-- ===== src/AltServers/Health.antt =====
-- How a server's failures and round-trip times are kept, and the check that may switch an uplink to a
-- better server: src/server/altservers.c from `altservers_updateRtt` on. What the network answers to a
-- test is a parameter.
use dnbd.Base.{
  ℕ, ◌+◌, ◌*◌, ◌/◌, ◌%◌, ◌^◌, Bool, true, ◌&&◌, ◌||◌, not, Option, none, some, List, [], ◌∷◌, ltb,
  leb, ◌==◌, if◌then◌else◌, length, get_or, set, replicate,
}
use dnbd.Timing.Defs.{Ticks, diff}
use dnbd.AltServers.Defs.{
  AltServer, AltLocal, no_server, no_local, server_global_dup_time, server_bad_uplink_max,
  server_rtt_probes,
}

-- `altservers_serverFailed`, of one entry.
unfoldable pub server_failed : Ticks → AltServer → AltServer
server_failed now s =
    if ltb server_global_dup_time (diff s.last_fail now)
    then record s {
      last_fail = now;
      fails = s.fails + 1;
      blocked = if leb server_bad_uplink_max s.fails then true else s.blocked;
    }
    else s

-- `altservers_imageFailed`
unfoldable pub image_failed : AltLocal → AltLocal
image_failed l = record l {
  fails = l.fails + 1;
  blocked = if leb server_bad_uplink_max l.fails then true else l.blocked;
}

abbrev pub sum : List ℕ → ℕ
sum [] = 0
sum (x ∷ xs) = x + sum xs

-- `altservers_updateRtt`, of the uplink's entry: the average and the new entry. The sum has 32 bits.
unfoldable pub update_local : ℕ → AltLocal → ℕ × AltLocal
update_local rtt l =
    if l.init_done
    then (let probes = set l.rtt ((l.rtt_index + 1) % server_rtt_probes) rtt in
        (
          sum probes % 2 ^ 32 / server_rtt_probes,
          record l { rtt_index = l.rtt_index + 1; rtt = probes },
        ))
    else (rtt, record l { rtt = replicate server_rtt_probes rtt; init_done = true })

-- The average goes into the history of the global entry.
unfoldable pub update_global : ℕ → AltServer → AltServer
update_global avg s = record s {
  rtt_index = s.rtt_index + 1;
  rtt = set s.rtt ((s.rtt_index + 1) % server_rtt_probes) avg;
}

-- What testing a server comes to: no connection; the image is refused or the transfer breaks off; the
-- server is too old or its reply makes no sense; the time in µs that the first block took. All but the
-- first name the socket.
pub data Outcome : Type 0 where
  unreachable : Outcome
  image_refused broken : ℕ → Outcome
  measured : (sock rtt version : ℕ) → Outcome

-- `RTT_UNREACHABLE`
abbrev pub rtt_unreachable : ℕ
rtt_unreachable = 0x7ffffff

-- `best`, with `bestRtt`.
pub record Best : Type 0 where
  pub sock : ℕ
  pub rtt : ℕ
  pub index : ℕ
  pub version : ℕ

-- The variables of the test loop, and the sockets that it closed.
pub record Check : Type 0 where
  pub servers : List AltServer
  pub locals : List AltLocal
  pub best : Option Best
  pub current_rtt : ℕ
  pub closed : List ℕ

-- What the loop reads of the uplink.
pub record Setup : Type 0 where
  pub now : Ticks
  pub panic : Bool
  pub cycle_detected : Bool
  pub current : ℕ

unfoldable pub fail_server : Setup → ℕ → Check → Check
unfolding server_failed
fail_server u i k = record k {
  servers = set k.servers i (server_failed u.now (get_or k.servers i no_server));
}

unfoldable pub fail_image : ℕ → Check → Check
unfolding image_failed
fail_image i k = record k { locals = set k.locals i (image_failed (get_or k.locals i no_local)) }

abbrev pub close : ℕ → Check → Check
close sock k = record k { closed = sock ∷ k.closed }

unfoldable pub best_rtt : Option Best → ℕ
best_rtt none = rtt_unreachable
best_rtt (some b) = b.rtt

unfoldable pub close_best : Option Best → Check → Check
close_best none k = k
close_best (some b) k = close b.sock k

-- A measured server takes part in the comparison.
unfoldable pub compare_best : Setup → ℕ → ℕ → ℕ → ℕ → Check → Check
unfolding best_rtt close_best
compare_best u i sock avg version k =
    if not u.panic && (u.current == i)
    then close sock (record k { current_rtt = avg })
    else if ltb avg (best_rtt k.best)
    then record (close_best k.best k) {
      best = some (record { sock = sock; rtt = avg; index = i; version = version });
    }
    else close sock k

-- Once, a server that lost the connection or closes a cycle counts as slower than it is.
unfoldable pub penalize : Setup → ℕ → ℕ → ℕ
penalize u i avg =
    if (u.cycle_detected || u.panic) && (u.current == i) then (avg * 2 + 50000) % 2 ^ 32 else avg

unfoldable pub record_rtt : ℕ → ℕ → Check → ℕ × Check
unfolding update_local update_global
record_rtt i rtt k =
    let l = update_local rtt (get_or k.locals i no_local) in
    (
      l.0,
      record k {
        locals = set k.locals i l.1;
        servers = set k.servers i (update_global l.0 (get_or k.servers i no_server));
      },
    )

-- The body of the loop.
unfoldable pub test_one : Setup → ℕ → Outcome → Check → Check
unfolding fail_server fail_image compare_best penalize record_rtt
test_one u i unreachable k = fail_server u i k
test_one u i (image_refused sock) k = close sock (fail_image i k)
test_one u i (broken sock) k = close sock (fail_server u i k)
test_one u i (measured sock rtt version) k =
    let r = record_rtt i rtt k in compare_best u i sock (penalize u i r.0) version r.1

unfoldable pub test_all : Setup → List (ℕ × Outcome) → Check → Check
unfolding test_one
test_all u [] k = k
test_all u ((i, o) ∷ rest) k = test_all u rest (test_one u i o k)

-- `rttTestResult`, with the connection to change to.
pub data Verdict : Type 0 where
  change : Best → Verdict
  dont_change not_reachable : Verdict

-- Is the best server good enough to switch to it?
unfoldable pub is_better : Setup → Best → ℕ → Bool
is_better u b current_rtt = u.panic || (ltb b.rtt 10000000 && ltb b.rtt (current_rtt * 2 / 3))

unfoldable pub decide : Setup → Option Best → Check → Verdict × Check
unfolding is_better
decide u none k = (if k.current_rtt == rtt_unreachable then not_reachable else dont_change, k)
decide u (some b) k =
    if is_better u b k.current_rtt then (change b, k) else (dont_change, close b.sock k)

-- `altservers_findUplinkInternal`, over the servers of `altservers_getListForUplink` with what each test
-- comes to. With one server only there is nothing to compare.
unfoldable pub find_uplink :
    Setup → List (ℕ × Outcome) → List AltServer → List AltLocal → Verdict × Check
unfolding test_all decide
find_uplink u tests servers locals =
    let start : Check = record {
      servers = servers;
      locals = locals;
      best = none;
      current_rtt = rtt_unreachable;
      closed = [];
    } in
    if (length tests == 0) || ((length tests == 1) && not u.panic)
    then (dont_change, start)
    else (let k = test_all u tests start in decide u k.best k)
---------------
● Exercise aim
Reproduce word for word the material above, starting with the line that has "change : Best → Verdict" and stopping after the line that has "if is_better u".

● Answer below
  change : Best → Verdict
  dont_change not_reachable : Verdict

-- Is the best server good enough to switch to it?
unfoldable pub is_better : Setup → Best → ℕ → Bool
is_better u b current_rtt = u.panic || (ltb b.rtt 10000000 && ltb b.rtt (current_rtt * 2 / 3))

unfoldable pub decide : Setup → Option Best → Check → Verdict × Check
unfolding is_better
decide u none k = (if k.current_rtt == rtt_unreachable then not_reachable else dont_change, k)
decide u (some b) k =
    if is_better u b k.current_rtt then (change b, k) else (dont_change, close b.sock k)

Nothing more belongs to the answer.